[Collected data entries]
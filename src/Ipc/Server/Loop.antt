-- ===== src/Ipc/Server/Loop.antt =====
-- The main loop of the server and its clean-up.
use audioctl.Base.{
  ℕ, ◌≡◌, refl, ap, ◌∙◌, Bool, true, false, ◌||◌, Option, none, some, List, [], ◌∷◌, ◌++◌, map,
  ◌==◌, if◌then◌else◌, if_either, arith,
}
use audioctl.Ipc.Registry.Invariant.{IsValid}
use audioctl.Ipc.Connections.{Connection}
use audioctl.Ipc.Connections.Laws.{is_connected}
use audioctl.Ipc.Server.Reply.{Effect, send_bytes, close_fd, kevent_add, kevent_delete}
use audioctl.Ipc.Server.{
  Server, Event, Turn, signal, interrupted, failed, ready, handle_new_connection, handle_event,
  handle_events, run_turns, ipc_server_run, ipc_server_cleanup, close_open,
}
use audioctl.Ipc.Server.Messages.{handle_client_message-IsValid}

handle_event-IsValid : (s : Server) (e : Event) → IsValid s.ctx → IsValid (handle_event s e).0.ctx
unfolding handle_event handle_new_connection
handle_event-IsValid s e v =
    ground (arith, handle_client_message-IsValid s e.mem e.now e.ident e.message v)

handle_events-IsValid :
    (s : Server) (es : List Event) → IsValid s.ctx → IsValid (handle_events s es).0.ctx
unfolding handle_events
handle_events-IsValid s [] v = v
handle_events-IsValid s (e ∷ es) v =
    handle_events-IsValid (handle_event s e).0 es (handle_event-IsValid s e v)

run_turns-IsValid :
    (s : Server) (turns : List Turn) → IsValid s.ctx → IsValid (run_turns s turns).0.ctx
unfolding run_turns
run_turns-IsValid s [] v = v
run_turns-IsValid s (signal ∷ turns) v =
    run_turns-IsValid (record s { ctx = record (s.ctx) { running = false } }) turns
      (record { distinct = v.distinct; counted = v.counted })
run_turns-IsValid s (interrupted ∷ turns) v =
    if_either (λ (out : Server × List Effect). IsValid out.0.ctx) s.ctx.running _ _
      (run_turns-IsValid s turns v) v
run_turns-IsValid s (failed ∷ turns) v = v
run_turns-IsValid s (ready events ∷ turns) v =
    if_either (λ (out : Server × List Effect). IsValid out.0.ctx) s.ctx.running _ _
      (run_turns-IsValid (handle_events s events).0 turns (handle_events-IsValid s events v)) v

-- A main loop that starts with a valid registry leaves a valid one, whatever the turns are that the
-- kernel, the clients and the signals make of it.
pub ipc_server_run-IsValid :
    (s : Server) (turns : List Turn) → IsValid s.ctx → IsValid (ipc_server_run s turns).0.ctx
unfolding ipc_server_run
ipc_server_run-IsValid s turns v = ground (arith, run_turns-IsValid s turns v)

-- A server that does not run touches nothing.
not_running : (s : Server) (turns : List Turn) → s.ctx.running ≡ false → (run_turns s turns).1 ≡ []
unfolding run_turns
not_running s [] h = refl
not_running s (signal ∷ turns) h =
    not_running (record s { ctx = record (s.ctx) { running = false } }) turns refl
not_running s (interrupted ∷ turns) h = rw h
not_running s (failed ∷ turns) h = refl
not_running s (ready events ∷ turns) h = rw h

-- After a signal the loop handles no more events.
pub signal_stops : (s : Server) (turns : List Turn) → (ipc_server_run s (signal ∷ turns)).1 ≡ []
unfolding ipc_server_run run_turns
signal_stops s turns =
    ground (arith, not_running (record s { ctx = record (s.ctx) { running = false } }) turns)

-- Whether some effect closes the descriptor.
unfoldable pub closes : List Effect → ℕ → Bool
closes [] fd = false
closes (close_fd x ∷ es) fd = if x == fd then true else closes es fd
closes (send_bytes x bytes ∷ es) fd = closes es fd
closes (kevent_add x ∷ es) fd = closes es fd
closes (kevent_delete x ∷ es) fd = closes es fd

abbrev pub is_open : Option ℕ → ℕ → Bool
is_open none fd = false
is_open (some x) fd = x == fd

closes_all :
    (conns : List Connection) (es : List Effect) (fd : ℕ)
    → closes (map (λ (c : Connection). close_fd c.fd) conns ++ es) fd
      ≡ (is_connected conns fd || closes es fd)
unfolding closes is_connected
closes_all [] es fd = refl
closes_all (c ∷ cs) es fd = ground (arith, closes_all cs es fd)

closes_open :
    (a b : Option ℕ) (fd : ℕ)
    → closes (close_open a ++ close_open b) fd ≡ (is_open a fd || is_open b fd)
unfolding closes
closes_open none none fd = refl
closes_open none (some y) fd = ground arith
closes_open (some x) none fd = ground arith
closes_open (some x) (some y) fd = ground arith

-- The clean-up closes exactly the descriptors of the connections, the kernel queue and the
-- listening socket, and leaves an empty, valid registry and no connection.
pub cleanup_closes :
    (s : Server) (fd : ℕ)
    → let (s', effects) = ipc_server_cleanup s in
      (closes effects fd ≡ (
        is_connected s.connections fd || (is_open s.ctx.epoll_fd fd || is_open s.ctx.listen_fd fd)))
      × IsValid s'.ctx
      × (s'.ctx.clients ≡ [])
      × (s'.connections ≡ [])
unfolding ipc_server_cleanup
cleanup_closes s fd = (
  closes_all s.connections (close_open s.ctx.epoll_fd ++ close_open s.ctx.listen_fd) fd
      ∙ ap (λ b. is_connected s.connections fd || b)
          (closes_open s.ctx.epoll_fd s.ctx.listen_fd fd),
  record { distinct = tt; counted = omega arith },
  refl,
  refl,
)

Description of the task: Read the entries above and find each line holding the word "kernel". Copy it out.

Finished exercise:
-- kernel, the clients and the signals make of it.
-- The clean-up closes exactly the descriptors of the connections, the kernel queue and the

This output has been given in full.